Bruno Turcksin, Martin Kronbichler, Wolfgang Bangerth Title: Multithreaded matrix assembly for finite elements Abstract: We present a design pattern that can be applied to any operation requiring to be done independently on every cell and which is followed by a reduction of the local result into a global data structure. This design pattern can be directly applied to multithreaded matrix assembly and implemented using the parallel pipeline design pattern. When assembling a global matrix for finite elements, a local matrix is assembled on each cell; this step is embarrassingly parallel. However, when the local matrices are incorporated into the global matrix, it is necessary to ensure that two processors do not attempt to write simultaneously in the same global matrix element. To prevent this, a colorization algorithm is used before the reduction operation; all the elements of a given color can be simultaneously written into. It is important for the colorization algorithm to produce few colors, but it is more so that the size of these colors are similar; small colors would degrade the scalability of the algorithm. This design pattern was implemented in the deal.II library and was shown to significantly speed up matrix assembly Tim Warburton, David Medina, Amik St-Cyr Title: OCCA: A Unified Approach to Multi-Threading Languages Abstract: Currently there are a number of relatively popular APIs for multi-threading programming including but not limited to CUDA, OpenCL, OpenACC, and OpenMP. Initially it might appear that many-core programming forces programmers to lock into a specific API. Additionally simulation codes, frameworks, and libraries have lifetimes measured in decades that might outlive a specific API. To address these issues we developed the lightweight OCCA API in a way that allows a programmer to write single source kernel implementations that are portable and can be dynamically compiled and executed at run-time as CUDA, OpenCL, or OpenMP. Example performance results from our OCCA based finite difference, discontinuous Galerkin, and spectral element method based PDE solvers will show that it is possible to develop efficient and portable many-core code for CPUs and GPUs.

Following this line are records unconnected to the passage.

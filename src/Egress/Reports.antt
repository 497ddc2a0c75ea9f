-- ===== src/Egress/Reports.antt =====
-- On internal/controller/egress_proxy_controller.go.
-- The errors that the egress reconciler returns, and how many calls it makes.
use netmaker_k8s_ops.Base.{String, ◌==◌, ◌&&◌, refl, Option, none, some, Env, arith, suc, ℕ}
use netmaker_k8s_ops.Kube.{Key, Service, Pod, Endpoints}
use netmaker_k8s_ops.Kube.Client.{GoError, Result}
use netmaker_k8s_ops.Kube.Calls.{Anything}
use netmaker_k8s_ops.Kube.Reports.{
  Reports, Reports-bind, Reports-if, Reports-le, Ended, Branch, Never, NoError, IsOf, FineReply,
  FailedReply, read_failure, write-IsOf, wrap_error-IsOf, reply-FailedReply, read-Reports,
}
use netmaker_k8s_ops.Egress.Token.{
  or_operator_token, get_netclient_token, build_netclient_env_vars, token_in,
}
use netmaker_k8s_ops.Egress.Build.{proxy_pod, build_proxy_pod}
use netmaker_k8s_ops.Egress.{
  create_proxy_pod, on_existing, ensure_proxy_pod, delete_found, dispatch, write_endpoints, publish,
  update_service_endpoints, cleanup_proxy_pod, or_endpoints, on_service, forward, reconcile,
  is_egress_enabled, get_egress_target,
}

module _ (env : Env) (service : Service) where
  or_operator_token-Reports :
      (found : Option String) → Reports Anything Never 1 (or_operator_token env service found)
  unfolding or_operator_token
  or_operator_token-Reports (some token) = tt
  or_operator_token-Reports none = λ r. tt

  token-Reports : Reports Anything Never 2 (get_netclient_token env service)
  unfolding get_netclient_token
  token-Reports = λ own. or_operator_token-Reports (token_in _ own)

  build-Reports :
      (name ip dns : String) → Reports Anything Never 3 (build_proxy_pod env service name ip dns)
  unfolding build_proxy_pod build_netclient_env_vars proxy_pod
  build-Reports name ip dns =
      Reports-bind Anything Never Anything Never 2 1 3 (get_netclient_token env service) _
        (omega arith) token-Reports (λ token _ own. tt) (λ e a h. absurd h)

  create-Reports : (ip dns : String) → Reports NoError IsOf 4 (create_proxy_pod env service ip dns)
  unfolding create_proxy_pod
  create-Reports ip dns =
      Reports-bind Anything Never NoError IsOf 3 1 4 (build_proxy_pod env service _ ip dns) _
        (omega arith) (build-Reports _ ip dns) (λ _ _. wrap_error-IsOf _) (λ e a h. absurd h)

  existing-Reports :
      (ip dns : String) (found : Result Pod)
      → Branch
          (read_failure found)
          (Reports NoError IsOf 4 (on_existing env (ensure_proxy_pod env 0) service ip dns found))
          (λ e.
            Ended NoError IsOf e (on_existing env (ensure_proxy_pod env 0) service ip dns found))
  unfolding on_existing
  existing-Reports ip dns =
      read-Reports NoError IsOf 4 (on_existing env (ensure_proxy_pod env 0) service ip dns)
        (λ pod. refl) (λ e missing. rw missing (create-Reports ip dns)) (λ e other. rw other refl)

  ensure-Reports :
      (ip dns : String) → Reports NoError IsOf 5 (ensure_proxy_pod env 1 service ip dns)
  unfolding ensure_proxy_pod
  ensure-Reports ip dns = existing-Reports ip dns

  write-Reports :
      (pod : Pod) (found : Result Endpoints)
      → Branch
          (read_failure found)
          (Reports NoError IsOf 1 (write_endpoints service pod found))
          (λ e. Ended NoError IsOf e (write_endpoints service pod found))
  unfolding write_endpoints
  write-Reports pod =
      read-Reports NoError IsOf 1 (write_endpoints service pod) (λ endpoints. write-IsOf)
        (λ e missing. rw missing write-IsOf) (λ e other. rw other refl)

  publish-Reports :
      (found : Result Pod)
      → Branch
          (read_failure found)
          (Reports NoError IsOf 2 (publish service found))
          (λ e. Ended NoError IsOf e (publish service found))
  unfolding publish
  publish-Reports =
      read-Reports NoError IsOf 2 (publish service)
        (λ pod. Reports-if NoError IsOf 2 (pod.phase == "Running") _ _ (write-Reports pod) refl)
        (λ e missing. rw missing refl) (λ e other. rw other refl)

  endpoints-Reports : Reports NoError IsOf 3 (update_service_endpoints service)
  unfolding update_service_endpoints
  endpoints-Reports = publish-Reports

  or_endpoints-Reports : Reports FineReply FailedReply 3 (or_endpoints service none)
  unfolding or_endpoints
  or_endpoints-Reports =
      Reports-bind NoError IsOf FineReply FailedReply 3 0 3 (update_service_endpoints service) _
        (omega arith) endpoints-Reports (λ o fine. (refl, fine)) (λ e o fails. (refl, fails))

  Ended-or_endpoints :
      (e : GoError) (failed : Option GoError)
      → IsOf e failed
      → Ended FineReply FailedReply e (or_endpoints service failed)
  unfolding or_endpoints
  Ended-or_endpoints e none fails = cc fails
  Ended-or_endpoints e (some x) fails = (refl, fails)

  forward-Reports : (ip dns : String) → Reports FineReply FailedReply 8 (forward env service ip dns)
  unfolding forward
  forward-Reports ip dns =
      Reports-bind NoError IsOf FineReply FailedReply 5 3 8 (ensure_proxy_pod env 1 service ip dns)
        (or_endpoints service) (omega arith) (ensure-Reports ip dns)
        (λ o fine. rw fine or_endpoints-Reports) Ended-or_endpoints

delete-Reports :
    (found : Result Pod)
    → Branch
        (read_failure found)
        (Reports FineReply FailedReply 1 (delete_found found))
        (λ e. Ended FineReply FailedReply e (delete_found found))
unfolding delete_found
delete-Reports =
    read-Reports FineReply FailedReply 1 delete_found (λ pod. reply-FailedReply)
      (λ e missing. rw missing (refl, refl)) (λ e other. rw other (refl, refl))

cleanup-Reports :
    (n : ℕ) (k : Key) → Reports FineReply FailedReply (suc (suc n)) (cleanup_proxy_pod k)
unfolding cleanup_proxy_pod
cleanup-Reports n k =
    Reports-le FineReply FailedReply 2 (suc (suc n)) (cleanup_proxy_pod k) (omega arith)
      delete-Reports

on_service-Reports :
    (env : Env) (k : Key) (service : Service)
    → Reports FineReply FailedReply 8 (on_service env k service)
unfolding on_service
on_service-Reports env k service =
    let (ip, dns) = get_egress_target service in
    Reports-if FineReply FailedReply 8 (is_egress_enabled service) _ _
      (Reports-if FineReply FailedReply 8 (ip == "" && dns == "") _ _ (refl, refl)
        (forward-Reports env service ip dns))
      (cleanup-Reports 6 k)

dispatch-Reports :
    (env : Env) (k : Key) (found : Result Service)
    → Branch
        (read_failure found)
        (Reports FineReply FailedReply 8 (dispatch env k found))
        (λ e. Ended FineReply FailedReply e (dispatch env k found))
unfolding dispatch
dispatch-Reports env k =
    read-Reports FineReply FailedReply 8 (dispatch env k) (on_service-Reports env k)
      (λ e missing. rw missing (cleanup-Reports 6 k)) (λ e other. rw other (refl, refl))

pub reconcile-Reports : (env : Env) (k : Key) → Reports FineReply FailedReply 9 (reconcile env k)
unfolding reconcile
reconcile-Reports env k = dispatch-Reports env k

Ulrike Yang, Rob Falgout, Tzanio Kolev, Jacob Schroder Title: Matrix and Vector Assembly in hypres Conceptual Interfaces Abstract: The hypre software library provides high performance preconditioners and solvers for the solution of large sparse linear systems on massively parallel computers. One of its attractive features is the provision of conceptual interfaces, which include a structured, a semi-structured, and a traditional linear-algebra based interface. These interfaces give application users a more natural means for describing their linear systems, and provide access to methods such as structured multigrid solvers, which require additional information beyond just the matrix. We discuss the assembly of matrices and vectors within the various interfaces in hypre as well as current efforts to increase the use of OpenMP threads in the interfaces.